RightScale also had a post with an analysis of the Amazon EC2 outage, with lessons learned and some strong remarks on Amazon’s failure to communicate properly during the service failure:
- Do not wait 40 minutes to post the first status message!
- Do not talk about “a small percentage of instances/volumes/…”, give actual percentages! Those of us with many servers/volumes care whether it’s 1% or 25%, we will take different actions.
- Do not talk about “the impacted availability zone” or “multiple availability zones”, give each zone a name and refer to them by name (I know that zone 1a in each account refers to a different physical zone, so give each zone a second name so I can look it up).
- Provide individualized status information: use email (or other means) to tell us what the status of our instances and volumes is. I don’t mean things I can get myself like cpu load or such, but information like “the following volumes (by id) are currently recovering and should be available within the next hour, the following volumes will require manual intervention at a later time, …”. That allows users to plan and choose where to put their efforts.
- Make predictions! We saw volumes in the “impacted availability zone” getting taken out many hours after the initial event. I’m sure you knew that the problem was still spreading and could have warned everyone. Something like: “we recommend you move all servers and volumes that are still operating in the impacted availability zone [sic] to a different zone or region as the problem is still spreading.”
- Provide an overview! Each status update should list which functions are still affected and which have been repaired, don’t make everyone scan back through the messages and try to infer what the status of each function is.
- Is it so hard to write a blog post with an apology and some background information, even if it’s preliminary? AWS tweeters that usually send multiple tweets per day remained silent. I’m sure there’s something to talk about 24 hours after the event! Don’t you want to tell everyone what they should be thinking instead of having them make it up???

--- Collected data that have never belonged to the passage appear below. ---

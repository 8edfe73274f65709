-- ===== src/Booking/Seats/Reservation.antt =====
-- Reservation and restoration of seats on the legs of a trip.
use tissi_mah.Prelude.{
  ℤ, pos, ◌+ℤ◌, ◌-ℤ◌, ◌≤ℤ◌, ◌<ℤ◌, ltb_ℤ, arith, String, str_eq, eq_iff, Bool, true, ◌&&◌, Option,
  none, some, List, [], ◌∷◌, if◌then◌else◌, ◌≡◌, refl, sym, Bool-cases, inl, inr, +ℤ_parts,
  -ℤ_parts, eq_of_parts, ap,
}
use tissi_mah.Prelude.Result.{Result, ok, err}
use tissi_mah.Booking.Store.{next_call}
use tissi_mah.Booking.Seats.{
  Counters, Redis, CacheError, put, seats_of, legs, covers, update_each, all_have, each_leg,
  reserve_segment_seats, reserve_segment_seats_script, restore_segment_seats,
}
use tissi_mah.Booking.Seats.Counters.{update_legs-at, all_have_legs, lacking_leg}

-- the counters of the legs between the stops, each changed by `f`, and the others as they were
abbrev pub Updated : String → ℤ → ℤ → (ℤ → ℤ) → Counters → Counters → Type 0
Updated trip p d f before after =
    (t : String) (k : ℤ)
    → after t k
      ≡ (if str_eq t trip && covers p d k then some (f (seats_of (before t k))) else before t k)

-- What a reservation reports, and what it leaves in the counters.
abbrev pub ReserveOutcome :
    String → ℤ → ℤ → ℤ → Redis → Result CacheError (Unit {0}) × Redis → Type 0
ReserveOutcome trip p d n r (ok _, r') =
    ((k : ℤ) → covers p d k ≡ true → n ≤ℤ seats_of (r.counters trip k))
    × Updated trip p d (λ s. s -ℤ n) r.counters r'.counters
ReserveOutcome trip p d n r (err CacheError.no_seats_available, r') =
    ((k : ℤ) × (covers p d k ≡ true) × (seats_of (r.counters trip k) <ℤ n))
    × (r'.counters ≡ r.counters)
ReserveOutcome trip p d n r (err CacheError.command_failed, r') = r'.counters ≡ r.counters
ReserveOutcome trip p d n r (err CacheError.panicked, r') = (d <ℤ p) × (r'.counters ≡ r.counters)

-- A reservation is all or nothing: it succeeds where every leg has the seats, and takes them from each
-- of these legs and from no other; it reports that seats are missing only where some leg lacks them,
-- and then, as on a failing command, no counter changes; it panics only on stops in the wrong order.
pub reserve_segment_seats-Outcome :
    (trip : String) (p d n : ℤ) (r : Redis)
    → ReserveOutcome trip p d n r (reserve_segment_seats trip p d n r)
unfolding reserve_segment_seats reserve_segment_seats_script
reserve_segment_seats-Outcome trip p d n r = elim (Bool-cases (ltb_ℤ d p)) [
  | inl swapped ↦ rw swapped (ground arith, refl)
  | inr ordered ↦ elim (Bool-cases (next_call r.faults).0) [
    | inl fails ↦ rw (ordered, fails) refl
    | inr runs ↦ elim (Bool-cases (all_have trip n (legs p d) r.counters)) [
      | inl enough ↦
          rw (ordered, runs, enough)
            (
              all_have_legs trip n p d r.counters enough,
              update_legs-at trip (λ s. s -ℤ n) p d r.counters,
            )
      | inr few ↦ rw (ordered, runs, few) (lacking_leg trip n p d r.counters few, refl)
    ]
  ]
]

pub each_leg_runs :
    (trip : String) (f : ℤ → ℤ) (orders : List ℤ) (r : Redis) (c : Counters)
    → each_leg
        (λ order r. record r {
          counters = put trip order (f (seats_of (r.counters trip order))) r.counters;
        })
        orders
        (record r { counters = c; faults = [] })
      ≡ (ok tt, record r { counters = update_each trip f orders c; faults = [] })
each_leg_runs trip f [] r c = refl
each_leg_runs trip f (order ∷ orders) r c =
    each_leg_runs trip f orders r (put trip order (f (seats_of (c trip order))) c)

pub restore-Updated :
    (trip : String) (p d n : ℤ) (r : Redis) (c : Counters)
    → Updated trip p d
        (λ s. s +ℤ n)
        c
        (restore_segment_seats trip p d n (record r { counters = c; faults = [] })).1.counters
unfolding restore_segment_seats
restore-Updated trip p d n r c t k =
    rw (each_leg_runs trip (λ s. s +ℤ n) (legs p d) r c)
      (update_legs-at trip (λ s. s +ℤ n) p d c t k)

present : (o : Option ℤ) (n : ℤ) → pos 1 ≤ℤ n → n ≤ℤ seats_of o → o ≡ some (seats_of o)
present none n h l = ground arith
present (some s) n h l = refl

pub add_back : (s n : ℤ) → (s -ℤ n) +ℤ n ≡ s
add_back s n = eq_of_parts ((s -ℤ n) +ℤ n) s ground (arith, -ℤ_parts s n, +ℤ_parts (s -ℤ n) n)

-- counters that a reservation lowered and a restoration raised are those from before
module _ (trip : String) (p d n : ℤ) (before lowered after : Counters)
    (enough : (k : ℤ) → covers p d k ≡ true → n ≤ℤ seats_of (before trip k))
    (some_seat : pos 1 ≤ℤ n) (low : Updated trip p d (λ s. s -ℤ n) before lowered)
    (high : Updated trip p d (λ s. s +ℤ n) lowered after) where
  pub restored : (t : String) (k : ℤ) → after t k ≡ before t k
  restored t k = elim (Bool-cases (str_eq t trip)) [
    | inr other ↦ rw (high t k, other, low t k, other) refl
    | inl same ↦ elim (Bool-cases (covers p d k)) [
      | inr outside ↦ rw (high t k, same, outside, low t k, same, outside) refl
      | inl inside ↦
          rw (high t k, same, inside, low t k, same, inside, add_back (seats_of (before t k)) n)
            (sym (present (before t k) n some_seat (rw ((eq_iff t trip).0 same) (enough k inside))))
    ]
  ]

reserved-restore :
    (trip : String) (p d n : ℤ) (r : Redis) (reply : Result CacheError (Unit {0}) × Redis)
    → ReserveOutcome trip p d n r reply
    → pos 1 ≤ℤ n
    → reply.0 ≡ ok tt
    → reply.1.faults ≡ []
    → (t : String) (k : ℤ)
    → (restore_segment_seats trip p d n reply.1).1.counters t k ≡ r.counters t k
reserved-restore trip p d n r (ok _, r') o h done calm t k =
    restored trip p d n r.counters r'.counters (restore_segment_seats trip p d n r').1.counters o.0
      h o.1 (rw (as_calm calm) (restore-Updated trip p d n r' r'.counters)) t k
  where
    with_faults : List Bool → Redis
    with_faults fs = record r' { counters = r'.counters; faults = fs }

    as_calm : r'.faults ≡ [] → r' ≡ record r' { counters = r'.counters; faults = [] }
    as_calm e = ap with_faults e
reserved-restore trip p d n r (err e, r') o h done calm t k = cc

-- A reservation of at least one seat that succeeds, and the restoration of the same seats on the same
-- legs with no failing command, leave every counter as it was before.
pub restore-reserve :
    (trip : String) (p d n : ℤ) (r : Redis)
    → pos 1 ≤ℤ n
    → (reserve_segment_seats trip p d n r).0 ≡ ok tt
    → (reserve_segment_seats trip p d n r).1.faults ≡ []
    → (t : String) (k : ℤ)
    → (restore_segment_seats trip p d n (reserve_segment_seats trip p d n r).1).1.counters t k
      ≡ r.counters t k
restore-reserve trip p d n r =
    reserved-restore trip p d n r (reserve_segment_seats trip p d n r)
      (reserve_segment_seats-Outcome trip p d n r)
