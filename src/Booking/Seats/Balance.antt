-- ===== src/Booking/Seats/Balance.antt =====
-- The counters against the bookings: on every leg, what is free and what the active bookings occupy.
use mathlib.Core.Path.{subst}
use text.Mathlib.TextPositions.{eq_refl}
use tissi_mah.Prelude.{
  ℤ, pos, pos_part, neg_part, ◌+ℤ◌, ◌-ℤ◌, ◌≤ℤ◌, int_laws, arith, String, str_eq, Bool, true, false,
  ◌&&◌, some, List, [], ◌∷◌, if◌then◌else◌, ◌≡◌, refl, Bool-cases, inl, inr, +ℤ_parts, -ℤ_parts,
  eq_of_parts, ap,
}
use tissi_mah.Prelude.Result.{Result, ok, err}
use tissi_mah.Booking.Domain.{Booking}
use tissi_mah.Booking.Store.{find_row, update_row}
use tissi_mah.Booking.Seats.{
  Counters, Redis, CacheError, seats_of, covers, is_active, occupies, segment_occupancy,
  reserve_segment_seats, restore_segment_seats,
}
use tissi_mah.Booking.Seats.Reservation.{
  Updated, ReserveOutcome, reserve_segment_seats-Outcome, restore-Updated,
}

-- The legs of the trip, 1 to `last` - 1, have the counters that the bookings leave of `total` seats.
abbrev pub Balanced : String → ℤ → ℤ → Counters → List Booking → Type 0
Balanced trip total last c rows =
    (k : ℤ)
    → covers (pos 1) last k ≡ true
    → c trip k ≡ some (total -ℤ segment_occupancy trip k rows)

-- an active booking of these seats between these stops
pub record Holds (trip : String) (p d n : ℤ) (b : Booking) : Type 0 where
  pub of_trip : b.trip_id ≡ trip
  pub from_stop : b.pickup_sequencer_order ≡ p
  pub to_stop : b.dropoff_sequencer_order ≡ d
  pub seats : b.seats_booked ≡ n
  pub active : is_active b.status ≡ true

abbrev pub share : String → ℤ → Booking → ℤ
share trip k b = if occupies trip k b then b.seats_booked else pos 0

share-Holds :
    (trip : String) (p d n : ℤ) (b : Booking) (k : ℤ)
    → Holds trip p d n b
    → share trip k b ≡ (if covers p d k then n else pos 0)
share-Holds trip p d n b k h =
    rw (h.of_trip, h.from_stop, h.to_stop, h.seats, h.active, eq_refl trip) (by_case (covers p d k))
  where
    by_case : (q : Bool) → (if q && true then n else pos 0) ≡ (if q then n else pos 0)
    by_case true = refl
    by_case false = refl

taken : (total n occ : ℤ) → (total -ℤ occ) -ℤ n ≡ total -ℤ (n +ℤ occ)
taken total n occ = omega int_laws

unchanged : (occ : ℤ) → occ ≡ pos 0 +ℤ occ
unchanged occ = omega int_laws

room : (total n occ : ℤ) → n ≤ℤ total -ℤ occ → n +ℤ occ ≤ℤ total
room total n occ h = omega (arith, -ℤ_parts total occ, +ℤ_parts n occ)

module _ (trip : String) (total last p d n : ℤ) (rows : List Booking) (b : Booking)
    (holds : Holds trip p d n b) (before : Counters)
    (balanced : Balanced trip total last before rows) where
  booked-Balanced :
      (after : Counters)
      → Updated trip p d (λ s. s -ℤ n) before after
      → Balanced trip total last after (b ∷ rows)
  unfolding segment_occupancy
  booked-Balanced after u k i = elim (Bool-cases (covers p d k)) [
    | inl inside ↦
        rw (u trip k, eq_refl trip, inside, balanced k i, share-Holds trip p d n b k holds, inside)
          (ap some (taken total n (segment_occupancy trip k rows)))
    | inr outside ↦
        rw
          (
            u trip k,
            eq_refl trip,
            outside,
            share-Holds trip p d n b k holds,
            outside,
            ← unchanged (segment_occupancy trip k rows),
          )
          (balanced k i)
  ]

  booked_within :
      ((k : ℤ) → covers p d k ≡ true → n ≤ℤ seats_of (before trip k))
      → (k : ℤ) → covers (pos 1) last k ≡ true
      → covers p d k ≡ true
      → segment_occupancy trip k (b ∷ rows) ≤ℤ total
  unfolding segment_occupancy
  booked_within enough k i inside =
      rw (share-Holds trip p d n b k holds, inside)
        (room total n (segment_occupancy trip k rows) (rw (balanced k i) at (enough k inside)))

reserved-Balanced :
    (trip : String) (total last p d n : ℤ) (rows : List Booking) (b : Booking) (r : Redis)
    (reply : Result CacheError (Unit {0}) × Redis)
    → Holds trip p d n b
    → Balanced trip total last r.counters rows
    → ReserveOutcome trip p d n r reply
    → reply.0 ≡ ok tt
    → Balanced trip total last reply.1.counters (b ∷ rows)
      × ((k : ℤ)
          → covers (pos 1) last k ≡ true
          → covers p d k ≡ true
          → segment_occupancy trip k (b ∷ rows) ≤ℤ total)
reserved-Balanced trip total last p d n rows b r (ok _, r') h v o done = (
  booked-Balanced trip total last p d n rows b h r.counters v r'.counters o.1,
  booked_within trip total last p d n rows b h r.counters v o.0,
)
reserved-Balanced trip total last p d n rows b r (err e, r') h v o done = cc

-- Where the counters of a trip agree with its bookings, a reservation that succeeds makes room for the
-- booking it is for: the counters agree with the bookings that include this one, and no leg of the
-- trip between its stops has more seats occupied than the trip has.
pub reserve_segment_seats-Balanced :
    (trip : String) (total last p d n : ℤ) (rows : List Booking) (b : Booking) (r : Redis)
    → Holds trip p d n b
    → Balanced trip total last r.counters rows
    → (reserve_segment_seats trip p d n r).0 ≡ ok tt
    → Balanced trip total last (reserve_segment_seats trip p d n r).1.counters (b ∷ rows)
      × ((k : ℤ)
          → covers (pos 1) last k ≡ true
          → covers p d k ≡ true
          → segment_occupancy trip k (b ∷ rows) ≤ℤ total)
reserve_segment_seats-Balanced trip total last p d n rows b r h v =
    reserved-Balanced trip total last p d n rows b r (reserve_segment_seats trip p d n r) h v
      (reserve_segment_seats-Outcome trip p d n r)

module _ (trip : String) (k : ℤ) (id : String) (f : Booking → Booking) where
  found_share :
      (r : Booking) (rows : List Booking) {b : Booking}
      → str_eq r.booking_id id ≡ true
      → find_row id (r ∷ rows) ≡ some b
      → r ≡ b
  found_share r rows {b} same e = let p : some r ≡ some b = rw same at e in cc

  exchange : (x y z : ℤ) → (x +ℤ y) +ℤ z ≡ (z +ℤ y) +ℤ x
  exchange x y z = omega int_laws

  carry : (x s s' u v : ℤ) → s' +ℤ u ≡ s +ℤ v → (x +ℤ s') +ℤ u ≡ (x +ℤ s) +ℤ v
  carry x s s' u v h = eq_of_parts ((x +ℤ s') +ℤ u) ((x +ℤ s) +ℤ v) ground (
    arith,
    ap pos_part h,
    ap neg_part h,
    +ℤ_parts (x +ℤ s') u,
    +ℤ_parts x s',
    +ℤ_parts (x +ℤ s) v,
    +ℤ_parts x s,
    +ℤ_parts s' u,
    +ℤ_parts s v,
  )

  -- a change of one row exchanges its share
  pub occupancy-update_row :
      (rows : List Booking) (b : Booking)
      → find_row id rows ≡ some b
      → segment_occupancy trip k (update_row id f rows) +ℤ share trip k b
        ≡ segment_occupancy trip k rows +ℤ share trip k (f b)
  unfolding segment_occupancy
  occupancy-update_row [] b e = cc
  occupancy-update_row (r ∷ rows) b e = elim (Bool-cases (str_eq r.booking_id id)) [
    | inl same ↦ rw same (
        subst
          (λ (x : Booking).
            (share trip k (f r) +ℤ segment_occupancy trip k rows) +ℤ share trip k x
            ≡ (share trip k r +ℤ segment_occupancy trip k rows) +ℤ share trip k (f x))
          (found_share r rows same e)
          (exchange (share trip k (f r)) (segment_occupancy trip k rows) (share trip k r)))
    | inr other ↦ rw other (
        carry (share trip k r) (segment_occupancy trip k rows)
          (segment_occupancy trip k (update_row id f rows)) (share trip k b) (share trip k (f b))
          (occupancy-update_row rows b (rw other at e)))
  ]

pub share_inactive :
    (trip : String) (k : ℤ) (b : Booking) → is_active b.status ≡ false → share trip k b ≡ pos 0
share_inactive trip k b h =
    rw h (
      by_case (str_eq b.trip_id trip) (covers b.pickup_sequencer_order b.dropoff_sequencer_order k))
  where
    by_case : (p q : Bool) → (if p && q && false then b.seats_booked else pos 0) ≡ pos 0
    by_case true true = refl
    by_case true false = refl
    by_case false q = refl

pub given_back :
    (total n occ occ' : ℤ) → occ' +ℤ n ≡ occ +ℤ pos 0 → (total -ℤ occ) +ℤ n ≡ total -ℤ occ'
given_back total n occ occ' h = eq_of_parts ((total -ℤ occ) +ℤ n) (total -ℤ occ') ground (
  arith,
  ap pos_part h,
  ap neg_part h,
  +ℤ_parts occ' n,
  +ℤ_parts occ (pos 0),
  -ℤ_parts total occ,
  -ℤ_parts total occ',
  +ℤ_parts (total -ℤ occ) n,
)

pub left_alone : (total occ occ' : ℤ) → occ' +ℤ pos 0 ≡ occ +ℤ pos 0 → total -ℤ occ ≡ total -ℤ occ'
left_alone total occ occ' h = eq_of_parts (total -ℤ occ) (total -ℤ occ') ground (
  arith,
  ap pos_part h,
  ap neg_part h,
  +ℤ_parts occ' (pos 0),
  +ℤ_parts occ (pos 0),
  -ℤ_parts total occ,
  -ℤ_parts total occ',
)

-- Where the counters of a trip agree with its bookings and one of them ends, the restoration of its
-- seats on its legs, with no failing command, makes the counters agree with the bookings after it.
pub restore_segment_seats-Balanced :
    (trip : String) (total last p d n : ℤ) (rows : List Booking) (id : String) (b : Booking)
    (f : Booking → Booking) (r : Redis) (c : Counters)
    → Holds trip p d n b
    → find_row id rows ≡ some b
    → is_active (f b).status ≡ false
    → Balanced trip total last c rows
    → Balanced trip total last
        (restore_segment_seats trip p d n (record r { counters = c; faults = [] })).1.counters
        (update_row id f rows)
restore_segment_seats-Balanced trip total last p d n rows id b f r c h e q v k i =
    let u = restore-Updated trip p d n r c trip k in
    let x = occupancy-update_row trip k id f rows b e in
    elim (Bool-cases (covers p d k)) [
      | inl inside ↦
          rw (u, eq_refl trip, inside, v k i)
            (ap some (
              given_back total n (segment_occupancy trip k rows)
                (segment_occupancy trip k (update_row id f rows))
                (rw (share-Holds trip p d n b k h, inside, share_inactive trip k (f b) q) at x)))
      | inr outside ↦
          rw (u, eq_refl trip, outside, v k i)
            (ap some (
              left_alone total (segment_occupancy trip k rows)
                (segment_occupancy trip k (update_row id f rows))
                (rw (share-Holds trip p d n b k h, outside, share_inactive trip k (f b) q) at x)))
    ]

High Scalability has compiled a long list of most important articles related the Amazon outage, what some companies experienced, links to related forums, who’s fault was – Amazon or customers’-, and lessons learned.
This unfortunate event affecting the largest cloud provider and its customers will certainly make people think twice before choosing to deploy to the cloud, and will send a strong message throughout the industry on how fragile our well engineered systems can be, showing one more time, if it was necessary, that the fight for reliability and resiliency in not over, and will never be.